Diante do cenário de escassez severa, as primeiras vítimas fatais seriam os moradores de rua. A reportagem da Rolling Stone Brasil esteve na região da cracolândia, em São Paulo, e em outros pontos da cidade para averiguar como os sem-teto estão sentindo os efeitos da crise hídrica. Está cada vez mais difícil conseguir, por exemplo, acesso a um copo de água. O que até pouco tempo não era negado por razões humanitárias, hoje vem sendo “racionado” pelos comerciantes para não aumentar a conta dos estabelecimentos (e evitar receber a multa imposta a quem eleva o consumo). Pior: tem faltado água em abrigos da prefeitura e nos hotéis da cracolândia que fazem parte do programa Braços Abertos que prevê a inclusão social dos dependentes químicos. Usuários que orbitam o quadrilátero da rua Helvétia, no centro da capital, onde está o chamado “fluxo” do crack, têm abordado pedestres para pedir – ou até roubar – squeezes e garrafinhas de água. Segundo o padre Júlio Lancellotti, coordenador da Pastoral do Povo de Rua e titular do Comitê de Políticas Públicas para a População de Rua de São Paulo, o morador de rua não tem onde armazenar água – muitos estão, efetivamente, passando sede. Para amenizar o problema, Lancelotti tem distribuído squeezes. A situação só não é pior porque ainda é possível encontrar alguns locais com torneiras públicas – o problema é que com a acentuada queda da qualidade da água as pessoas que as usam para beber ficam cada vez mais expostas a doenças.

Crise Aguda

A intensificação da crise hídrica teria um efeito devastador sobre a economia paulista. As indústrias químicas, alimentícias, têxteis e de bebidas seriam as mais afetadas e poderiam entrar em colapso, gerando uma onda de desemprego. O atual cenário já é bem nebuloso. Existem empresas planejando férias coletivas; o mercado prevê uma freada da economia no primeiro semestre de 2015. Sem água, dizem os economistas, São Paulo arrastaria o país para uma profunda crise, já que o estado representa 15% do PIB brasileiro. “Em um cenário extremo haveria a desarticulação completa da atividade econômica nacional.

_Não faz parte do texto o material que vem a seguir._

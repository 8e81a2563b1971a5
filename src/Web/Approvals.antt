-- ===== src/Web/Approvals.antt =====
-- Approvals: the routing of server requests, the stale index, subscriptions and answers, of
-- crates/codex-runtime/src/adapters/web/handlers.rs. What happens under one acquisition of the lock
-- is one function; whether a send on a broadcast channel finds a receiver is an argument.
pub mod Kept
pub mod Reach
pub mod Replayed
use coclai.Prelude.{
  ℕ, suc, ◌+◌, min, String, Bool, true, false, not, ◌||◌, Option, none, some, List, [], ◌∷◌, ◌++◌,
  ◌==◌, if◌then◌else◌, Map, lookup, insert, remove, upsert, retain, map_values, length, ltb,
  unwrap_or, contains, filter, is_empty, u64_max,
}
use coclai.Json.{Json}
use coclai.Id.{extract_thread_id}
use coclai.Web.Types.{
  WebError, invalid_session, invalid_approval, forbidden, invalid_approval_payload, Result, ok, err,
  ◌>>=◌, ◌>>◌, Topics, WebState, ServerRequest, ApprovalResponsePayload, RouteMissMetrics,
}
use coclai.Web.Registry.{load_owned_session, ok_or}

-- `u64::saturating_add(1)`.
abbrev pub saturating_inc : ℕ → ℕ
saturating_inc n = min (suc n) u64_max

module _ (json : Json) where
  -- `ApprovalResponsePayload::into_result_payload`.
  unfoldable pub into_result_payload : ApprovalResponsePayload json.Value → Result json.Value
  into_result_payload payload = elim payload.result [
    | some result ↦ ok result
    | none ↦ elim payload.decision [
      | some decision ↦ ok (json.singleton "decision" decision)
      | none ↦ err invalid_approval_payload
    ]
  ]

module _ {json : Json} {topics : Topics} where
  abbrev pub count_missing_thread_id : WebState json topics → WebState json topics
  count_missing_thread_id state =
      let misses = state.server_request_route_miss in
      record state {
        server_request_route_miss = record misses {
          missing_thread_id = saturating_inc misses.missing_thread_id;
        };
      }

  abbrev pub count_missing_session_mapping : WebState json topics → WebState json topics
  count_missing_session_mapping state =
      let misses = state.server_request_route_miss in
      record state {
        server_request_route_miss = record misses {
          missing_session_mapping = saturating_inc misses.missing_session_mapping;
        };
      }

  abbrev pub count_missing_approval_topic : WebState json topics → WebState json topics
  count_missing_approval_topic state =
      let misses = state.server_request_route_miss in
      record state {
        server_request_route_miss = record misses {
          missing_approval_topic = saturating_inc misses.missing_approval_topic;
        };
      }

  -- The first lock region of `route_server_request`: where the request goes, and its owner noted.
  unfoldable pub index_request :
      WebState json topics
      → String
      → ServerRequest json.Value
      → Option (topics.ApprovalSender × String × ℕ) × WebState json topics
  index_request state thread_id request = elim (lookup thread_id state.thread_to_session) [
    | none ↦ (none, count_missing_session_mapping state)
    | some session_id ↦
        let indexed = record state {
          approval_to_session = insert request.approval_id session_id state.approval_to_session;
        } in
        let unindexed = record indexed {
          approval_to_session = remove request.approval_id indexed.approval_to_session;
        } in
        elim (lookup session_id state.sessions) [
          | none ↦ (none, unindexed)
          | some session ↦ elim (lookup session_id state.approval_topics) [
            | none ↦ (none, count_missing_approval_topic unindexed)
            | some sender ↦ (some (sender, session_id, session.approval_queue_capacity), indexed)
          ]
        ]
  ]

  -- The second lock region: a request that found no subscriber is queued, up to the capacity.
  unfoldable pub queue_request :
      WebState json topics → String → ℕ → ServerRequest json.Value → WebState json topics
  queue_request state session_id capacity request = record state {
    queued_approvals =
        upsert session_id []
          (λ queue. if ltb (length queue) capacity then queue ++ request ∷ [] else queue)
          state.queued_approvals;
  }

  -- `delivered` says whether a send on the session's channel finds a receiver.
  unfoldable pub route_server_request :
      WebState json topics
      → ServerRequest json.Value
      → (topics.ApprovalSender → Bool)
      → WebState json topics
  unfolding index_request queue_request
  route_server_request state request delivered = elim (extract_thread_id json request.params) [
    | none ↦ count_missing_thread_id state
    | some thread_id ↦
        let (target, indexed) = index_request state thread_id request in
        elim target [
          | none ↦ indexed
          | some (sender, session_id, capacity) ↦
              if delivered sender
              then indexed
              else queue_request indexed session_id capacity request
        ]
  ]

  -- `active` are the approvals that the runtime still waits for.
  unfoldable pub prune_stale_approval_index :
      WebState json topics → List String → WebState json topics
  prune_stale_approval_index state active = record state {
    approval_to_session =
        retain (λ approval_id _. contains active approval_id) state.approval_to_session;
    queued_approvals =
        retain (λ _ requests. not (is_empty requests))
          (map_values
            (λ (requests : List (ServerRequest json.Value)).
              filter (λ request. contains active request.approval_id) requests)
            state.queued_approvals);
  }

  -- The lock region of `subscribe_session_approvals`: the channel to subscribe to, and the requests
  -- that are replayed to the new receiver.
  unfoldable pub take_queued_approvals :
      WebState json topics
      → String
      → Result (topics.ApprovalSender × List (ServerRequest json.Value)) × WebState json topics
  take_queued_approvals state session_id = elim (lookup session_id state.approval_topics) [
    | none ↦ (err invalid_session, state)
    | some sender ↦ (
      ok (sender, unwrap_or (lookup session_id state.queued_approvals) []),
      record state { queued_approvals = remove session_id state.queued_approvals },
    )
  ]

  unfoldable pub subscribe_session_approvals :
      WebState json topics
      → String
      → String
      → Result (topics.ApprovalSender × List (ServerRequest json.Value)) × WebState json topics
  unfolding load_owned_session take_queued_approvals
  subscribe_session_approvals state tenant_id session_id =
      elim (load_owned_session state tenant_id session_id) [
        | err e ↦ (err e, state)
        | ok _ ↦ take_queued_approvals state session_id
      ]

  unfoldable pub subscribe_session_events :
      WebState json topics → String → String → Result topics.EventSender
  unfolding load_owned_session
  subscribe_session_events state tenant_id session_id = do
    load_owned_session state tenant_id session_id >>= λ _. ok tt
    ok_or (lookup session_id state.event_topics) invalid_session

  -- The owner of an approval, checked against the session that answers it.
  unfoldable pub approval_owner : WebState json topics → String → String → Result (Unit {0})
  approval_owner state session_id approval_id =
      elim (lookup approval_id state.approval_to_session) [
        | none ↦ err invalid_approval
        | some owner ↦ if not (owner == session_id) then err forbidden else ok tt
      ]

  -- An approval that was answered leaves the index and every queue.
  unfoldable pub forget_approval : WebState json topics → String → WebState json topics
  forget_approval state approval_id = record state {
    approval_to_session = remove approval_id state.approval_to_session;
    queued_approvals =
        map_values
          (λ (requests : List (ServerRequest json.Value)).
            filter (λ request. not (request.approval_id == approval_id)) requests)
          state.queued_approvals;
  }

  -- `respond` is the adapter's `respond_approval_ok`.
  unfoldable pub post_approval :
      WebState json topics
      → (String → json.Value → Result (Unit {0}))
      → String
      → String
      → String
      → ApprovalResponsePayload json.Value
      → Result (Unit {0}) × WebState json topics
  unfolding load_owned_session approval_owner into_result_payload forget_approval
  post_approval state respond tenant_id session_id approval_id payload =
      let answered : Result (Unit {0}) = do
        load_owned_session state tenant_id session_id >>= λ _. ok tt
        approval_owner state session_id approval_id
        result ← into_result_payload json payload
        respond approval_id result
      in elim answered [
        | err e ↦ (err e, state)
        | ok _ ↦ (ok tt, forget_approval state approval_id)
      ]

O custo de vida se elevaria muito”, prevê o economista André Perfeito, mestre em economia pela PUC-SP e economistachefe da Gradual Investimentos. “Haveria um processo inflacionário indiscriminado em todo o território nacional.” No estado de São Paulo, a crise severa desencadearia, ainda, um processo de interiorização da indústria – as grandes empresas deixariam as regiões mais afetadas em busca de cidades do interior.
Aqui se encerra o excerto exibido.